The analysis by the early entrepreneurs like FC Kohli and Narayana Murthy of the variations possible in the Indian economic model with support from visionary bureaucrats like N.Vittal led to the selection of a new approach in the eighties which was entirely export led. The subsequent retention of the abilities of this ’virtual’ industry through the innovative STPI scheme and the simultaneous development of scarce resources in IT through private sector initiatives from NIIT and then APTECH followed by the IIITs and the BCA and MCA programs in the country have seen the industry rise to its present heights. While there is no doubt that the early successes of the Indian industry in providing solutions to American and European customers was primarily due to lower cost highly skilled talent from our better institutions of learning, the subsequent demonstration of process excellence and innovation has been the trump card for Indian industry in recent times. There is a confidence today that India’s position at the top of the technology and process outsourcing pack will take a lot of challenging, with no competitor possessing the heady mix of a large talent pool, familiarity with Western processes and culture and relatively low cost that India has in abundance.

The industry has had a dream run till 2008 and it is only the recessionary trends in its key markets since the summer of 2008 that has led to the decline in growth from the high twenties to sixteen percent for the recent year and now the rather pessimistic anticipation of a meagre four to seven percent growth in the current fiscal.

However the principles that have led to its success are still very much valid and the new focus on innovation ’ in services, processes and business models will inject the variation needed to survive the slow period and emerge stronger when the next boom cycle begins. Recent quarterly results have shown that there are still companies that continue to do well by overcoming the challenges and seizing the opportunities that every recession brings.

Enabling the ongoing retention of its capability and the diffusion of its expertise is now the imperative for the industry through value addition (from coding to maintenance to specialised services through now to a mix of offshore-onsite services centred round a Global Delivery Model) and the government policy role is essentially facilitation, through the co-existence of the STPI and IT SEZ schemes and the use of other instruments like IT Investment areas and private universities to enable strategic resources and competencies to be developed and sustained around the country.

The first two quarters of the current fiscal have been interesting in the sense that cost cutting has enabled most companies to continue profit growth but the pricing environment has been weak and the revenue growth in single digits. It is smaller companies like Zensar who have stolen the show by realising that recession can be an opportunity and garnering a significant share of new deals in all markets. In the remaining two quarters of the year, the demand environment will continue to be weak overall but opportunities will increase, not only in the Western markets where less impacted sectors like Insurance, Utilities and Government, but also in the BRIC countries and Africa where the expansion of services and a renewed focus on the domestic economies will provide opportunities for consultancy led solutions from the Indian IT and BPO players.
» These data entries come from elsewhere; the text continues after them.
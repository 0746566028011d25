-- ===== src/Control/Group.antt =====
-- crates/sismatic-core/src/devices/group.rs: `DeviceGroup::run`. Each member runs in a task of its
-- own; what a task comes to is given with its member, in the order of the members.
use sismatic.Common.{String, List, [], ◌∷◌, ◌++◌, Result, ok, err}
use sismatic.Protocol.Values.{Value}
use sismatic.Control.Device.{DeviceError}

pub record GroupError : Type 0 where
  pub id : String
  pub failures : List (String × DeviceError)

-- A member's id and what its task came to.
abbrev pub MemberDone : Type 0
MemberDone = String × Result Value DeviceError

-- The loop over the handles: the values and the failures so far.
unfoldable pub gather :
    List MemberDone
    → List (String × Value) × List (String × DeviceError)
    → List (String × Value) × List (String × DeviceError)
gather [] s = s
gather ((id, ok value) ∷ rest) (values, failures) =
    gather rest (values ++ (id, value) ∷ [], failures)
gather ((id, err e) ∷ rest) (values, failures) = gather rest (values, failures ++ (id, e) ∷ [])

-- `DeviceGroup::run`, once the tasks have ended.
unfoldable pub run_group : String → List MemberDone → Result (List (String × Value)) GroupError
unfolding gather
run_group id members =
    let gathered = gather members ([], []) in
    elim gathered.1 [
      | [] ↦ ok gathered.0
      | f ∷ failures ↦ err (record { id = id; failures = f ∷ failures })
    ]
The rules of the game have already changed with brute force outsourcing giving way to a more thoughtful consultative approach to working with the customers and their key processes and providing demonstrable results in process optimisation technology infusion and multi shore outsourcing. The addressable market opportunity remains large and the next year and the decade that follows will demonstrate the resilience that now characterises this important sector of the Indian economy. Can the industry touch two hundred billion dollars by 2020? Certainly, but there will be many inflection points on the way and we will need all our ingenuity to make sure we continue our journey of success!